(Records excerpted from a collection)
-- ===== src/Collector/Agreement.antt =====
-- Whatever events and timers come, the logs agree.
use Prim.Native.String
use onecatch.Base.{
  ℕ, String, Bool, true, false, Option, some, List, if◌then◌else◌, ◌≡◌, ◌≢◌, inl, inr, refl, ap,
  sym, ◌∙◌, arith, Bool-cases, Option-cases,
}
use onecatch.Base.Dict
use onecatch.Collector.{
  Event, Stream, Collector, new_collector, each, stream_ids, flush_live, flush_durable, flush_all,
}
use onecatch.Collector.Push.{push, live_fires, durable_fires, last_event, close_one, close}
use onecatch.Collector.Logs.{replay, events, Agrees}
use onecatch.Collector.Pushes.{
  Good, each-Good, flush_live-Good, flush_durable-Good, flush_all-Good, end_stream-Good, push-Good,
}

module _ {R : Type 0} (persist : List (Event R) → Event R → Option ℕ) (blank : R) where
  abbrev Kept : Collector R → Type 0
  Kept = Good persist blank

  either-Kept : (b : Bool) (x y : Collector R) → Kept x → Kept y → Kept (if b then x else y)
  either-Kept true x y kx ky = kx
  either-Kept false x y kx ky = ky

  live_fires-Kept : (c : Collector R) → Kept c → Kept (live_fires persist blank c)
  unfolding live_fires
  live_fires-Kept c k =
      let late = record c { live_timer = false } in
      either-Kept c.closed late (flush_live persist blank late) k
        (flush_live-Good persist blank late k)

  durable_fires-Kept : (c : Collector R) → Kept c → Kept (durable_fires persist blank c)
  unfolding durable_fires
  durable_fires-Kept c k =
      let late = record c { durable_timer = false } in
      let live = flush_live persist blank late in
      either-Kept c.closed late (flush_durable persist blank live) k
        (flush_durable-Good persist blank live (flush_live-Good persist blank late k))

  close_one-Kept : (id : String) (c : Collector R) → Kept c → Kept (close_one persist blank id c)
  unfolding close_one
  close_one-Kept id c k = elim (Option-cases (Dict.lookup id c.streams)) [
    | inl f ↦ rw (close_one, f) k
    | inr (s, f) ↦ elim (Bool-cases s.ended) [
      | inl t ↦ rw (close_one, f, t) k
      | inr t ↦
          rw (close_one, f, t)
            (end_stream-Good persist blank (last_event persist blank id s) c (inr refl) k)
    ]
  ]

  close-Kept : (c : Collector R) → Kept c → Kept (close persist blank c)
  unfolding close
  close-Kept c k =
      let flushed = flush_all persist blank c in
      let ended =
        each persist blank (close_one persist blank) (stream_ids persist blank flushed) flushed in
      either-Kept c.closed c (record ended { closed = true }) k
        (each-Good persist blank (close_one persist blank) close_one-Kept
          (stream_ids persist blank flushed) flushed (flush_all-Good persist blank c k))

  -- What can happen next to a collector. A timer that was stopped too late still fires.
  pub data Step : Collector R → Collector R → Type 0 where
    pushes : (c out : Collector R) (e : Event R) → push persist blank e c ≡ some out → Step c out
    fires_live : (c : Collector R) → Step c (live_fires persist blank c)
    fires_durable : (c : Collector R) → Step c (durable_fires persist blank c)
    closes : (c : Collector R) → Step c (close persist blank c)

  pub data Steps : Collector R → Collector R → Type 0 where
    done : (c : Collector R) → Steps c c
    next : {a b c : Collector R} → Step a b → Steps b c → Steps a c

  Step-Kept : {c out : Collector R} → Step c out → Kept c → Kept out
  Step-Kept (pushes c out e h) k = push-Good persist blank e c out k h
  Step-Kept (fires_live c) k = live_fires-Kept c k
  Step-Kept (fires_durable c) k = durable_fires-Kept c k
  Step-Kept (closes c) k = close-Kept c k

  Steps-Kept : {c out : Collector R} → Steps c out → Kept c → Kept out
  Steps-Kept (done c) k = k
  Steps-Kept (next s ss) k = Steps-Kept ss (Step-Kept s k)

  new-Kept : (tokens : ℕ) → Kept (new_collector persist blank true tokens)
  unfolding new_collector Dict.lookup
  new-Kept tokens = inr (refl, refl, λ id named. (refl, refl))

  -- Whatever events, timers and Close came since a collector with a publisher was made, as long as the
  -- storage has had no error: a reader of the published frames has exactly the full text of each named
  -- stream, and what is stored together with what is held back for the storage is what is published
  -- together with what is held back for the window. An ended stream holds nothing back.
  pub window_and_storage_agree :
      (tokens : ℕ) (c : Collector R) (id : String) (s : Stream)
      → Steps (new_collector persist blank true tokens) c
      → c.error ≡ false
      → id ≢ ""
      → Dict.lookup id c.streams ≡ some s
      → (replay id (events c.published) ≡ s.full)
        × (String.◌++◌ (replay id c.persisted) (if s.ended then "" else s.disk_pending)
            ≡ String.◌++◌ (replay id (events c.published)) (if s.ended then "" else s.live_pending))
  window_and_storage_agree tokens c id s ss ok named f = elim (Steps-Kept ss (new-Kept tokens)) [
    | inl bad ↦ absurd (cc (ok, bad))
    | inr (_, _, agree) ↦
        let known : Agrees persist blank (replay id (events c.published)) (replay id c.persisted)
            (some s) =
          ground (arith, f, agree id named) in
        (
          known.0,
          elim (Bool-cases s.ended) [
            | inl t ↦ rw t (ap (λ u. String.◌++◌ u "") (known.1 t ∙ sym known.0))
            | inr t ↦ rw t (known.2 t ∙ ap (λ u. String.◌++◌ u s.live_pending) (sym known.0))
          ],
        )
  ]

→ WHAT THE EXERCISE ASKS:
Filter the records above, keeping each line that contains the word "unfolding".

→ RESPONSE:
  unfolding live_fires
  unfolding durable_fires
  unfolding close_one
  unfolding close
  unfolding new_collector Dict.lookup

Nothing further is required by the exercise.